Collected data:
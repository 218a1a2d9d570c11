-- ===== src/LiveRanges/Examples.antt =====
-- The theorems on `buildLiveRanges` at a block that copies register 5 to register 6.
use jerryscript_optimizer.Prelude.{true, none, [], ◌∷◌}
use jerryscript_optimizer.Inst.{Ins, no_flags, OperandType}
use jerryscript_optimizer.LiveRanges.{build_live_ranges}
use jerryscript_optimizer.LiveRanges.Chain.{AreChains, build_live_ranges-AreChains}

abbrev copy_register : Ins
copy_register = record {
  opcode = 0;
  argument = record {
    operands = OperandType.no_operand;
    branch_offset = 0;
    line_info = 0;
    byte_arg = none;
    literals = [];
  };
  flags = record no_flags { read_reg = true; write_reg = true };
  offset = 4;
  size = 2;
  bb = 1;
  read_regs = 5 ∷ [];
  write_reg = 6;
}

build_live_ranges-AreChains_example : AreChains (build_live_ranges 2 [] ((copy_register ∷ []) ∷ []))
build_live_ranges-AreChains_example = build_live_ranges-AreChains 2 ((copy_register ∷ []) ∷ [])
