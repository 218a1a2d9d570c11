-- ===== src/Liveness.antt =====
-- src/liveness-analysis.cpp: upward exposed and killed registers of each block, and the registers
-- that are live at its end, by iteration until nothing changes.
pub mod SetsEqual
pub mod Equation
pub mod Rounds
pub mod Measure
pub mod Solution
pub mod Correct
pub mod KillUe
mod Examples
use mathlib.Core.List.{foldl}
use jerryscript_optimizer.Prelude.{
  ℕ, zero, suc, Bool, true, false, not, ◌&&◌, Option, none, some, List, [], ◌∷◌, ◌==◌, length,
  if◌then◌else◌,
}
use jerryscript_optimizer.Prelude.Sets.{mem, insert, insert_all, subset, keep}
use jerryscript_optimizer.Inst.{Ins, InstFlags, has_flag}
use jerryscript_optimizer.Blocks.{BasicBlock, BlockHeap, update}

-- The reads of one instruction: a register that the block has not written yet is upward exposed.
expose : BasicBlock → ℕ → BasicBlock
expose bb reg = if mem reg bb.kill then bb else record bb { ue = insert reg bb.ue }

define : BasicBlock → ℕ → BasicBlock
define bb reg = record bb { kill = insert reg bb.kill }

compute_kill_ue_ins : BlockHeap → Ins → BlockHeap
unfolding expose define
compute_kill_ue_ins h ins =
    let h1 =
      if has_flag ins InstFlags.read_reg
      then update h ins.bb (foldl expose (h ins.bb) ins.read_regs)
      else h in
    if has_flag ins InstFlags.write_reg
    then update h1 ins.bb (define (h1 ins.bb) ins.write_reg)
    else h1

pub compute_kill_ue : BlockHeap → List Ins → BlockHeap
compute_kill_ue = foldl compute_kill_ue_ins

-- Sizes first, then each element of the first set is looked up in the second.
pub sets_equal : List ℕ → List ℕ → Bool
sets_equal a b = if length a == length b then subset a b else false

-- What survives a successor: its live-out set without the registers that it writes.
abbrev pub difference : BasicBlock → List ℕ
difference succ = keep (λ reg. not (mem reg succ.kill)) succ.live_out

new_live_out : BlockHeap → List ℕ → List ℕ → List ℕ → List ℕ
new_live_out h ue [] acc = acc
new_live_out h ue (succ ∷ succs) acc =
    new_live_out h ue succs (insert_all (insert_all acc (difference (h succ))) ue)

pub next_live_out : BlockHeap → ℕ → List ℕ
next_live_out h bb = new_live_out h (h bb).ue (h bb).successors []

pub compute_live_out : BlockHeap → ℕ → BlockHeap
compute_live_out h bb = update h bb (record (h bb) { live_out = next_live_out h bb })

-- The body of the `while`: each block once, in order, and whether a set changed.
pub live_out_round : BlockHeap → List ℕ → Bool → BlockHeap × Bool
live_out_round h [] changed = (h, changed)
live_out_round h (bb ∷ bbs) changed =
    let h' = compute_live_out h bb in
    live_out_round h' bbs (if sets_equal (h bb).live_out (h' bb).live_out then changed else true)

-- `none`: the fuel ran out.
pub compute_live_outs : ℕ → BlockHeap → List ℕ → Option BlockHeap
compute_live_outs zero h bbs = none
compute_live_outs (suc fuel) h bbs =
    let round = live_out_round h bbs false in
    let rest = compute_live_outs fuel round.0 bbs in if round.1 then rest else some round.0
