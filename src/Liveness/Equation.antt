-- ===== src/Liveness/Equation.antt =====
-- The data-flow equation that `computeLiveOut` evaluates, and that it is monotone.
use jerryscript_optimizer.Prelude.{
  ℕ, ◌≡◌, ◌∙◌, true, false, not, ◌&&◌, ◌||◌, List, [], ◌∷◌, ◌==◌, arith, Bool-cases, inl, inr, ◌↔◌,
  ◌⊎◌, ⊎_elim,
}
use jerryscript_optimizer.Prelude.Sets.{
  mem, insert_all, IsNodup, mem-insert_all, mem-keep, IsNodup-insert_all,
}
use jerryscript_optimizer.Blocks.{BlockHeap}
use jerryscript_optimizer.Liveness.{difference, new_live_out, next_live_out}

-- What one successor contributes: the block's own exposed registers, and what passes the successor.
abbrev pub Source : BlockHeap → List ℕ → ℕ → ℕ → Type 0
Source h ue r s = (mem r ue ≡ true) ⊎ ((mem r (h s).live_out ≡ true) × (mem r (h s).kill ≡ false))

step_mem :
    (h : BlockHeap) (ue acc : List ℕ) (r s : ℕ)
    → mem r (insert_all (insert_all acc (difference (h s))) ue)
      ≡ (mem r ue || (mem r (h s).live_out && not (mem r (h s).kill) || mem r acc))
step_mem h ue acc r s =
    mem-insert_all r (insert_all acc (difference (h s))) ue
    ∙ (λ i. mem r ue || mem-insert_all r acc (difference (h s)) i)
    ∙ (λ i.
        mem r ue || (mem-keep (λ reg. not (mem reg (h s).kill)) r (h s).live_out i || mem r acc))

new_live_out_sound :
    (h : BlockHeap) (ue succs acc : List ℕ) (r : ℕ)
    → mem r (new_live_out h ue succs acc) ≡ true
    → (mem r acc ≡ true) ⊎ ((s : ℕ) × (mem s succs ≡ true) × Source h ue r s)
unfolding new_live_out mem
new_live_out_sound h ue [] acc r m = inl m
new_live_out_sound h ue (s ∷ succs) acc r m = elim (new_live_out_sound h ue succs _ r m) [
  | inl now ↦ elim (Bool-cases (mem r acc)) [
    | inl old ↦ inl old
    | inr new ↦ inr (s, ground arith, ground (arith, step_mem h ue acc r s))
  ]
  | inr (t, mt, src) ↦ inr (t, ground arith, src)
]

new_live_out_keeps :
    (h : BlockHeap) (ue succs acc : List ℕ) (r : ℕ)
    → mem r acc ≡ true
    → mem r (new_live_out h ue succs acc) ≡ true
unfolding new_live_out
new_live_out_keeps h ue [] acc r m = m
new_live_out_keeps h ue (s ∷ succs) acc r m =
    new_live_out_keeps h ue succs _ r (ground (arith, step_mem h ue acc r s))

new_live_out_complete :
    (h : BlockHeap) (ue succs acc : List ℕ) (r s : ℕ)
    → mem s succs ≡ true
    → Source h ue r s
    → mem r (new_live_out h ue succs acc) ≡ true
unfolding new_live_out mem
new_live_out_complete h ue [] acc r s ms src = cc
new_live_out_complete h ue (t ∷ succs) acc r s ms src = elim (Bool-cases (s == t)) [
  | inl same ↦
      let e : s ≡ t = ground arith in
      new_live_out_keeps h ue succs _ r (ground (arith, step_mem h ue acc r t))
  | inr other ↦ new_live_out_complete h ue succs _ r s (ground arith) src
]

-- A register is in the recomputed set exactly when some successor contributes it.
pub mem-next_live_out :
    (h : BlockHeap) (p r : ℕ)
    → (mem r (next_live_out h p) ≡ true)
      ↔ ((s : ℕ) × (mem s (h p).successors ≡ true) × Source h (h p).ue r s)
unfolding next_live_out mem
mem-next_live_out h p r = (
  λ m.
      ⊎_elim (λ none_yet. cc) (λ found. found)
        (new_live_out_sound h (h p).ue (h p).successors [] r m),
  λ found. new_live_out_complete h (h p).ue (h p).successors [] r found.0 found.1 found.2,
)

new_live_out-IsNodup :
    (h : BlockHeap) (ue succs acc : List ℕ) → IsNodup acc → IsNodup (new_live_out h ue succs acc)
unfolding new_live_out
new_live_out-IsNodup h ue [] acc n = n
new_live_out-IsNodup h ue (s ∷ succs) acc n =
    new_live_out-IsNodup h ue succs _
      (IsNodup-insert_all _ ue (IsNodup-insert_all acc (difference (h s)) n))

pub next_live_out-IsNodup : (h : BlockHeap) (p : ℕ) → IsNodup (next_live_out h p)
unfolding next_live_out
next_live_out-IsNodup h p = new_live_out-IsNodup h (h p).ue (h p).successors [] tt

-- The block at an address differs in nothing but its live-out set.
pub record SameShape (h g : BlockHeap) (p : ℕ) : Type 0 where
  pub id : (h p).id ≡ (g p).id
  pub invalid : (h p).invalid ≡ (g p).invalid
  pub found : (h p).found ≡ (g p).found
  pub insts : (h p).insts ≡ (g p).insts
  pub predecessors : (h p).predecessors ≡ (g p).predecessors
  pub idom : (h p).idom ≡ (g p).idom
  pub dominators : (h p).dominators ≡ (g p).dominators
  pub succs : (h p).successors ≡ (g p).successors
  pub ue : (h p).ue ≡ (g p).ue
  pub kill : (h p).kill ≡ (g p).kill

abbrev pub Grows : BlockHeap → BlockHeap → Type 0
Grows h g = (p r : ℕ) → mem r (h p).live_out ≡ true → mem r (g p).live_out ≡ true

-- Larger sets give larger sets.
pub next_live_out_mono :
    (h g : BlockHeap)
    → ((p : ℕ) → SameShape h g p)
    → Grows h g
    → (p r : ℕ) → mem r (next_live_out h p) ≡ true
    → mem r (next_live_out g p) ≡ true
next_live_out_mono h g same grows p r m =
    let (s, ms, src) = (mem-next_live_out h p r).0 m in
    let shape = same p in
    let there = same s in
    (mem-next_live_out g p r).1 (
      s,
      rw (← shape.succs) ms,
      ⊎_elim (λ u. inl (rw (← shape.ue) u)) (λ (o, k). inr (grows s r o, rw (← there.kill) k)) src,
    )
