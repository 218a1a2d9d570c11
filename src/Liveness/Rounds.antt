-- ===== src/Liveness/Rounds.antt =====
-- One round of `computeLiveOuts`: its invariant, and what an unchanged round says.
use jerryscript_optimizer.Prelude.{
  ℕ, ◌≡◌, refl, sym, ◌∙◌, true, false, List, ◌==◌, ==_iff, arith, Bool-cases, inl, inr, ⊎_elim,
}
use jerryscript_optimizer.Prelude.Sets.{mem, IsNodup}
use jerryscript_optimizer.Blocks.{BlockHeap}
use jerryscript_optimizer.Liveness.{next_live_out, compute_live_out}
use jerryscript_optimizer.Liveness.Equation.{
  mem-next_live_out, next_live_out-IsNodup, SameShape, Grows, next_live_out_mono,
}

-- The registers that the analysis has to find, as derivations: a block with a successor exposes
-- its own registers at its end, and what is live at the end of a successor that does not write it
-- is live at the end of the block.
pub data LiveOut (h : BlockHeap) (r : ℕ) : ℕ → Type 0 where
  own : {p : ℕ} (s : ℕ) → mem s (h p).successors ≡ true → mem r (h p).ue ≡ true → LiveOut h r p
  flow :
      {p : ℕ} (s : ℕ)
      → mem s (h p).successors ≡ true
      → mem r (h s).kill ≡ false
      → LiveOut h r s
      → LiveOut h r p

pub SameShape-refl : (h : BlockHeap) (p : ℕ) → SameShape h h p
SameShape-refl h p = record {
  id = λ i. (h p).id;
  invalid = λ i. (h p).invalid;
  found = λ i. (h p).found;
  insts = λ i. (h p).insts;
  predecessors = λ i. (h p).predecessors;
  idom = λ i. (h p).idom;
  dominators = λ i. (h p).dominators;
  succs = λ i. (h p).successors;
  ue = λ i. (h p).ue;
  kill = λ i. (h p).kill;
}

pub compute_live_out-SameShape : (h : BlockHeap) (b p : ℕ) → SameShape h (compute_live_out h b) p
unfolding compute_live_out
compute_live_out-SameShape h b p = ground arith

pub compute_live_out_self :
    (h : BlockHeap) (b : ℕ) → (compute_live_out h b b).live_out ≡ next_live_out h b
unfolding compute_live_out
compute_live_out_self h b = let e : (b == b) ≡ true = (==_iff b b).1 refl in rw e

pub compute_live_out_ne :
    (h : BlockHeap) (b p : ℕ)
    → (p == b) ≡ false
    → (compute_live_out h b p).live_out ≡ (h p).live_out
unfolding compute_live_out
compute_live_out_ne h b p e = rw e

pub SameShape-trans :
    (h g k : BlockHeap) (p : ℕ) → SameShape h g p → SameShape g k p → SameShape h k p
SameShape-trans h g k p a b = record {
  id = a.id ∙ b.id;
  invalid = a.invalid ∙ b.invalid;
  found = a.found ∙ b.found;
  insts = a.insts ∙ b.insts;
  predecessors = a.predecessors ∙ b.predecessors;
  idom = a.idom ∙ b.idom;
  dominators = a.dominators ∙ b.dominators;
  succs = a.succs ∙ b.succs;
  ue = a.ue ∙ b.ue;
  kill = a.kill ∙ b.kill;
}

pub SameShape-sym : (h g : BlockHeap) (p : ℕ) → SameShape h g p → SameShape g h p
SameShape-sym h g p a = record {
  id = sym a.id;
  invalid = sym a.invalid;
  found = sym a.found;
  insts = sym a.insts;
  predecessors = sym a.predecessors;
  idom = sym a.idom;
  dominators = sym a.dominators;
  succs = sym a.succs;
  ue = sym a.ue;
  kill = sym a.kill;
}

-- A property of both the updated block's set and every other block's old set.
module _ {κ} (P : ℕ → List ℕ → Type κ) (h : BlockHeap) (b : ℕ) where
  pub after_compute :
      P b (next_live_out h b)
      → ((p : ℕ) → P p (h p).live_out)
      → (p : ℕ) → P p (compute_live_out h b p).live_out
  after_compute new old p = elim (Bool-cases (p == b)) [
    | inl e ↦ let q : p ≡ b = ground arith in rw (q, compute_live_out_self h b) new
    | inr e ↦ rw (compute_live_out_ne h b p e) (old p)
  ]

-- The invariant of the iteration, from the memory `h0` on. `all` holds every exposed register.
pub record Inv (h0 : BlockHeap) (all : List ℕ) (h : BlockHeap) : Type 0 where
  pub shape : (p : ℕ) → SameShape h0 h p
  pub nodup : (p : ℕ) → IsNodup (h p).live_out
  pub grows : (p r : ℕ) → mem r (h p).live_out ≡ true → mem r (next_live_out h p) ≡ true
  pub sound : (p r : ℕ) → mem r (h p).live_out ≡ true → LiveOut h0 r p
  pub bounded : (p r : ℕ) → mem r (h p).live_out ≡ true → mem r all ≡ true

module _ (h0 : BlockHeap) (all : List ℕ) (h : BlockHeap) (inv : Inv h0 all h) (b : ℕ) where
  pub compute-Grows : Grows h (compute_live_out h b)
  compute-Grows p r =
      after_compute (λ q out. mem r (h q).live_out ≡ true → mem r out ≡ true) h b (inv.grows b r)
        (λ q m. m) p

  next_is_live : (r : ℕ) → mem r (next_live_out h b) ≡ true → LiveOut h0 r b
  next_is_live r m =
      let (s, ms, src) = (mem-next_live_out h b r).0 m in
      let here = inv.shape b in
      let there = inv.shape s in
      ⊎_elim (λ u. own s (rw here.succs ms) (rw here.ue u))
        (λ (o, k). flow s (rw here.succs ms) (rw there.kill k) (inv.sound s r o)) src

  next_is_bounded :
      ((r : ℕ) → mem r (h0 b).ue ≡ true → mem r all ≡ true)
      → (r : ℕ) → mem r (next_live_out h b) ≡ true
      → mem r all ≡ true
  next_is_bounded exposed r m =
      let (s, ms, src) = (mem-next_live_out h b r).0 m in
      let here = inv.shape b in
      ⊎_elim (λ u. exposed r (rw here.ue u)) (λ (o, k). inv.bounded s r o) src

  pub compute-Inv :
      ((r : ℕ) → mem r (h0 b).ue ≡ true → mem r all ≡ true) → Inv h0 all (compute_live_out h b)
  compute-Inv exposed =
      let same = compute_live_out-SameShape h b in
      let up = next_live_out_mono h (compute_live_out h b) same compute-Grows in
      record {
        shape = λ p. SameShape-trans h0 h _ p (inv.shape p) (same p);
        nodup = after_compute (λ q out. IsNodup out) h b (next_live_out-IsNodup h b) inv.nodup;
        grows = λ p r.
            after_compute
              (λ q out. mem r out ≡ true → mem r (next_live_out (compute_live_out h b) q) ≡ true) h
              b (up b r) (λ q m. up q r (inv.grows q r m)) p;
        sound = λ p r.
            after_compute (λ q out. mem r out ≡ true → LiveOut h0 r q) h b (next_is_live r)
              (λ q. inv.sound q r) p;
        bounded = λ p r.
            after_compute (λ q out. mem r out ≡ true → mem r all ≡ true) h b
              (next_is_bounded exposed r) (λ q. inv.bounded q r) p;
      }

What is being asked —
Which lines above hold the string "zero"? Copy every one of them.

Exercise response —
  ℕ, zero, suc, Bool, true, false, not, ◌&&◌, Option, none, some, List, [], ◌∷◌, ◌==◌, length,
compute_live_outs zero h bbs = none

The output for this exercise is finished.